- **RECORDS TO PROCESS**

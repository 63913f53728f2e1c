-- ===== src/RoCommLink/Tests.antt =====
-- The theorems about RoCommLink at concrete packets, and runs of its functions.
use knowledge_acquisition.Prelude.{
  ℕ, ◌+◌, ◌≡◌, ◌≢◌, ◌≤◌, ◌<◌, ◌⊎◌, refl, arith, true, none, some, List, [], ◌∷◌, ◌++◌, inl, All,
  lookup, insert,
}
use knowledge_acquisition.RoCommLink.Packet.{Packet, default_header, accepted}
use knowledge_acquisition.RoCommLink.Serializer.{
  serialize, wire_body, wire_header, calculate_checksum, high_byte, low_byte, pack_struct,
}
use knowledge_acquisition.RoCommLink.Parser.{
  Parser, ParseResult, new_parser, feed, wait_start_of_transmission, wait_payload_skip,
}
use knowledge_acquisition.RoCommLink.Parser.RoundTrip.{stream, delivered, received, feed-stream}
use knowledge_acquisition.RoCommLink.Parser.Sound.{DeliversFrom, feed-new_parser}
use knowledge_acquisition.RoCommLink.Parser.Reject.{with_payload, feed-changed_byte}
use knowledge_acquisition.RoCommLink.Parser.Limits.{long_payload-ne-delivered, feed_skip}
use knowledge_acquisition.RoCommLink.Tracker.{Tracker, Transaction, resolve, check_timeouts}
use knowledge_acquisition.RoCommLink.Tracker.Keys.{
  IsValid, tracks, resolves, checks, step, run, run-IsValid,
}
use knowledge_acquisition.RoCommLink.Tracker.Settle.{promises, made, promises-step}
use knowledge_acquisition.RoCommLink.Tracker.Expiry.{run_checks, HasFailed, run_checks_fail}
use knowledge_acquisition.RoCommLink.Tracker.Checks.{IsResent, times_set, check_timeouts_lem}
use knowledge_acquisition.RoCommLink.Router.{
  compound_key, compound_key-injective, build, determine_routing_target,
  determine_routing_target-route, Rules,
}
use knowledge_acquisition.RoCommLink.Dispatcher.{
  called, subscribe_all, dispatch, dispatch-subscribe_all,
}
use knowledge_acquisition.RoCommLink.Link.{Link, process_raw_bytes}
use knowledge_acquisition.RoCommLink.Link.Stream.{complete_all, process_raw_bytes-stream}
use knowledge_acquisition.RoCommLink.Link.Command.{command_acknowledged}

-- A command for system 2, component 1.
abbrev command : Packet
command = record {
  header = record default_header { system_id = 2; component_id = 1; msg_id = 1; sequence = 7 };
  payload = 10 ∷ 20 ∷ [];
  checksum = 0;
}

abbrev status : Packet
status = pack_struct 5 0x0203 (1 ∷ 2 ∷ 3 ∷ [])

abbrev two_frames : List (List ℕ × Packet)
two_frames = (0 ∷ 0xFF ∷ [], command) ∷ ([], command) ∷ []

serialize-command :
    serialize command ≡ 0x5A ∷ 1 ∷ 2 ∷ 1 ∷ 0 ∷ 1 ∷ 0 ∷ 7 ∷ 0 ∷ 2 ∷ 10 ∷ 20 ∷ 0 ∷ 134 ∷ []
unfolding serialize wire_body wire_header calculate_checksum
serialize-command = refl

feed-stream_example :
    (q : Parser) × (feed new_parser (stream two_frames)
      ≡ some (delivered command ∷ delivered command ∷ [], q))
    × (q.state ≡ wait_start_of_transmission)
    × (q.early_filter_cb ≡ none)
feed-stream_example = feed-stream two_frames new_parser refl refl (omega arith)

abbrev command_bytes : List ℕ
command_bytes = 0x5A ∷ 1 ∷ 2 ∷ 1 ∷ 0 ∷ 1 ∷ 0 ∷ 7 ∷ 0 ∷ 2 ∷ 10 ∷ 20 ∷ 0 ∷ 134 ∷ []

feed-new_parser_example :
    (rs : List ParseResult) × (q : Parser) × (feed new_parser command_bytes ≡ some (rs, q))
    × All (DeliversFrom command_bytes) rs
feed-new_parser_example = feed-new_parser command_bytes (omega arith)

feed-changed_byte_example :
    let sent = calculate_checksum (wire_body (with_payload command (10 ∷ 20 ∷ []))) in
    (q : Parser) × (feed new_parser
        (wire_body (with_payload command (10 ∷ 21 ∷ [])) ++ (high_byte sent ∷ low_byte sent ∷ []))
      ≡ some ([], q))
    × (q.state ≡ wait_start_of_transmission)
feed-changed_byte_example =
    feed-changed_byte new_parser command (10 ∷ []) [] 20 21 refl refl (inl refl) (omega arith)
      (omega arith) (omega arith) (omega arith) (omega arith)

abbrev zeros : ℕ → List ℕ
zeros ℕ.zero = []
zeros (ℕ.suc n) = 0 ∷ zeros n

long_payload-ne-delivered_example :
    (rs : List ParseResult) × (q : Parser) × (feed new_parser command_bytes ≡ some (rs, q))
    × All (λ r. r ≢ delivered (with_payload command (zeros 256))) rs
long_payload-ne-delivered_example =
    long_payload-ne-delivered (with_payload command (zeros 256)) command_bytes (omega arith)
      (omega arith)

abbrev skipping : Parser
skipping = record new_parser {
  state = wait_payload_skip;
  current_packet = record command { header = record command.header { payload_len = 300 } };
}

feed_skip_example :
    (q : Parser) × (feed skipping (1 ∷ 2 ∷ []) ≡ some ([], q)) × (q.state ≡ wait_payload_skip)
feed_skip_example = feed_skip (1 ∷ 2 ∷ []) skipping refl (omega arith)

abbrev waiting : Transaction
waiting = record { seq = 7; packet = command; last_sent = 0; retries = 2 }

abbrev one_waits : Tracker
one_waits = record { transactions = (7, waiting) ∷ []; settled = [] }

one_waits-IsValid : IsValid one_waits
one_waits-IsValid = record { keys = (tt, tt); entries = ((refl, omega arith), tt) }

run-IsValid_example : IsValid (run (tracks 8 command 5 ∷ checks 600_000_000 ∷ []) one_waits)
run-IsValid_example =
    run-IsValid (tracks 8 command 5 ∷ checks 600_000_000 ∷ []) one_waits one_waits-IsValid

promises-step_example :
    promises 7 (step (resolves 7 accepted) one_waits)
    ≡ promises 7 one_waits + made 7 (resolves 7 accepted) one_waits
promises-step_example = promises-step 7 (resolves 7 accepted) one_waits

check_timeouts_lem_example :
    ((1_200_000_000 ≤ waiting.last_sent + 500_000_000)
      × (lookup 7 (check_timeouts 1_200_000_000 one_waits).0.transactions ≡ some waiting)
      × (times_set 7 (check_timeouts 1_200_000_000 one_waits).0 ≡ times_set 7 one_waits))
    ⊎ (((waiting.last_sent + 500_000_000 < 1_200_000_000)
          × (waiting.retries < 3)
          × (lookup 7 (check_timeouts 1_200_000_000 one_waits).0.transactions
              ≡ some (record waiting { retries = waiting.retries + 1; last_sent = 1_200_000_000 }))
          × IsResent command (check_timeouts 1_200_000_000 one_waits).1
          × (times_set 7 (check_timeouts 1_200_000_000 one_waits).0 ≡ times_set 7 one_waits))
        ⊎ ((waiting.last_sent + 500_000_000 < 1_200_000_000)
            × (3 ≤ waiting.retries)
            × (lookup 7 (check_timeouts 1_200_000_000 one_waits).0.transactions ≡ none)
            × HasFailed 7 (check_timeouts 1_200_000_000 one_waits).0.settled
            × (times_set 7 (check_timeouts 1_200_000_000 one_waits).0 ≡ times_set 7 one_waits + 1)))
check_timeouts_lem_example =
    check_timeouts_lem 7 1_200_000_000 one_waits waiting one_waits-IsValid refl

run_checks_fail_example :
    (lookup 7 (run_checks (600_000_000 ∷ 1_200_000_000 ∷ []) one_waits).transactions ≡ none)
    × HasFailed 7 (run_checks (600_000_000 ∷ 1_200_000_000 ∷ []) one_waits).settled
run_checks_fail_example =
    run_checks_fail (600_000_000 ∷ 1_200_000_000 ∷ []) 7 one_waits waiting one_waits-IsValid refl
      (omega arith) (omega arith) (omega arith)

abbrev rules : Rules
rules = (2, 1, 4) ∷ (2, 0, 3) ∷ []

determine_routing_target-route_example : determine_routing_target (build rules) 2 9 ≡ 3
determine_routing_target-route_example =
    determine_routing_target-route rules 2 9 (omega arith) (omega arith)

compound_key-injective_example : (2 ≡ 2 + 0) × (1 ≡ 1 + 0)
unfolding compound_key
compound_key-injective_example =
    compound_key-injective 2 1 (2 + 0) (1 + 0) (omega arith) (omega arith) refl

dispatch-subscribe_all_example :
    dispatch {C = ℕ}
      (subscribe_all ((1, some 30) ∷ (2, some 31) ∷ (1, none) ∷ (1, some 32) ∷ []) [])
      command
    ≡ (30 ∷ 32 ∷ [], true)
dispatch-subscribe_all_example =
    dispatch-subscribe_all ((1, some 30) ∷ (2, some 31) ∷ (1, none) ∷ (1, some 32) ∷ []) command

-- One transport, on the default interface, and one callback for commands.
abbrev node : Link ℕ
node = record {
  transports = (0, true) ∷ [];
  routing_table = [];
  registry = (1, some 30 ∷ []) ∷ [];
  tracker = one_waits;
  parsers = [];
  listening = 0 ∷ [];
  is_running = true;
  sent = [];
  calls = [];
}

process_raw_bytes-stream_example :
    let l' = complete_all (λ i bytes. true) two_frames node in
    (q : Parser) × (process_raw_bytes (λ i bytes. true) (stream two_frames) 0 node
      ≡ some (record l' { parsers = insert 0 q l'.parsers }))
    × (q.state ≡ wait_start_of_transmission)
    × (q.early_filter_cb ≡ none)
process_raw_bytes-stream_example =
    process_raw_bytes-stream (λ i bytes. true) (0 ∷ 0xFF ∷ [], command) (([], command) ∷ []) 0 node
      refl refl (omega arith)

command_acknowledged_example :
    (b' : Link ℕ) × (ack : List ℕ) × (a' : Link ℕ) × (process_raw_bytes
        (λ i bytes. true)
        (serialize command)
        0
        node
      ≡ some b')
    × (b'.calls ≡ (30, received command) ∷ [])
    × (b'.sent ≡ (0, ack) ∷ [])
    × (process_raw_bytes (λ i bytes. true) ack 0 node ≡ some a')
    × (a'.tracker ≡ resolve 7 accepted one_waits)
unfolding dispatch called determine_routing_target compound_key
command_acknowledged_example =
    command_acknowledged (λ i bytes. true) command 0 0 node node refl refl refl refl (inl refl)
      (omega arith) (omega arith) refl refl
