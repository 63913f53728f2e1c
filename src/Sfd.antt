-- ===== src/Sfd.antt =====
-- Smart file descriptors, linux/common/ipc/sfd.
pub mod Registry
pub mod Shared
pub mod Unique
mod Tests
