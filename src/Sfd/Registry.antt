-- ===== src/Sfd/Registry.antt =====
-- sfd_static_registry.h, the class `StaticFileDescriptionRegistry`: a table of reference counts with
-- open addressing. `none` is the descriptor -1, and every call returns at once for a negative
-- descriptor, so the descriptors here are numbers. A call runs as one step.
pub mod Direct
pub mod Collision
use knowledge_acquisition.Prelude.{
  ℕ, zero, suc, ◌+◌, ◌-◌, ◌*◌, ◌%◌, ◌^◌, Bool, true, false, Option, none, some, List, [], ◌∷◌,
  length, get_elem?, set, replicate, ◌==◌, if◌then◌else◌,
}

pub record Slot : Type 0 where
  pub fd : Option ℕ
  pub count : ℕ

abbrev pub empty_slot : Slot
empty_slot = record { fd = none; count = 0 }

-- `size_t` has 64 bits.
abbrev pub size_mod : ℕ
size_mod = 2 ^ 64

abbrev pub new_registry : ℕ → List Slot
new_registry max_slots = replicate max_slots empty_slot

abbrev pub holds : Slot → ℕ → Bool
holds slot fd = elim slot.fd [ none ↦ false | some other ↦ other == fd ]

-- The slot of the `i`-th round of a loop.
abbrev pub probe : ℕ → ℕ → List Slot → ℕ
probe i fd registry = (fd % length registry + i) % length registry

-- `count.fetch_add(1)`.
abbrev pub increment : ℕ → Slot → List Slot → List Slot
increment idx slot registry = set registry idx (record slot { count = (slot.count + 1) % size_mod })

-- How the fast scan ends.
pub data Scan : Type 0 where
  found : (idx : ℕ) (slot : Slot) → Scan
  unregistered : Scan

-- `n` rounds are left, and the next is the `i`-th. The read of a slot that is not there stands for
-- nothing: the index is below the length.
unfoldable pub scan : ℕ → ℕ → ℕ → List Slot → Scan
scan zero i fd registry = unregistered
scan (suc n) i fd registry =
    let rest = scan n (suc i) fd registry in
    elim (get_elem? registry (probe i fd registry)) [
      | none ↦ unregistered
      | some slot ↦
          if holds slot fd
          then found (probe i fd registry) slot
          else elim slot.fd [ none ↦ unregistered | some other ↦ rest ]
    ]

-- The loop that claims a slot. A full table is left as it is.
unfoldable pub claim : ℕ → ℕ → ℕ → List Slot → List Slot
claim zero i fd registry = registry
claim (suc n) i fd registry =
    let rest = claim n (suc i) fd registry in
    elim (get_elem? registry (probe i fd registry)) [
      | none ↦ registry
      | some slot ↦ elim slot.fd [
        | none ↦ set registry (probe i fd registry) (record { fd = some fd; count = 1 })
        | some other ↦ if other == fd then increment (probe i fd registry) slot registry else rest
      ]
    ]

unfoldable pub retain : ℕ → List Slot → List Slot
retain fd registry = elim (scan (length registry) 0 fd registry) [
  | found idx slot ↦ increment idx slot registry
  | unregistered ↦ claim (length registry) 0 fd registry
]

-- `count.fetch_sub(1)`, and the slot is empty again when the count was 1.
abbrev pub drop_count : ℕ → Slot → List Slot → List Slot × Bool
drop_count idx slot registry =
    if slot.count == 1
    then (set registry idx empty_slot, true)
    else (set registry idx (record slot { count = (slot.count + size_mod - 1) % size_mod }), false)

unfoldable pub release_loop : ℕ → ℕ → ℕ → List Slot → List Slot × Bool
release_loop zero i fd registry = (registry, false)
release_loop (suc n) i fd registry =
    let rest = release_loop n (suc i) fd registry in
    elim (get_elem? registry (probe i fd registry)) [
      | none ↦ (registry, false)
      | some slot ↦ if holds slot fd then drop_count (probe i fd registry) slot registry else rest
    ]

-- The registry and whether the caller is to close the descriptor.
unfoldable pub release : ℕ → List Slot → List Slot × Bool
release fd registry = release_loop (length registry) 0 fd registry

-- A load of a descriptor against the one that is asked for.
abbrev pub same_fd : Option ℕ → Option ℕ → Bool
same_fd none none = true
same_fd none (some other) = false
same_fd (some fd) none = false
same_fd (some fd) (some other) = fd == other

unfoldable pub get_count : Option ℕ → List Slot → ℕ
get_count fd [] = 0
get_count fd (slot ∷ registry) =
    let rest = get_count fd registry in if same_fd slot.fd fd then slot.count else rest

- **EXERCISE**
Reproduce exactly the lines above from the line with "pub mod Direct" to the line with "increment idx slot registry = set", including both, and add nothing.

- **ANSWER BOX**
pub mod Direct
pub mod Collision
use knowledge_acquisition.Prelude.{
  ℕ, zero, suc, ◌+◌, ◌-◌, ◌*◌, ◌%◌, ◌^◌, Bool, true, false, Option, none, some, List, [], ◌∷◌,
  length, get_elem?, set, replicate, ◌==◌, if◌then◌else◌,
}

pub record Slot : Type 0 where
  pub fd : Option ℕ
  pub count : ℕ

abbrev pub empty_slot : Slot
empty_slot = record { fd = none; count = 0 }

-- `size_t` has 64 bits.
abbrev pub size_mod : ℕ
size_mod = 2 ^ 64

abbrev pub new_registry : ℕ → List Slot
new_registry max_slots = replicate max_slots empty_slot

abbrev pub holds : Slot → ℕ → Bool
holds slot fd = elim slot.fd [ none ↦ false | some other ↦ other == fd ]

-- The slot of the `i`-th round of a loop.
abbrev pub probe : ℕ → ℕ → List Slot → ℕ
probe i fd registry = (fd % length registry + i) % length registry

-- `count.fetch_add(1)`.
abbrev pub increment : ℕ → Slot → List Slot → List Slot
increment idx slot registry = set registry idx (record slot { count = (slot.count + 1) % size_mod })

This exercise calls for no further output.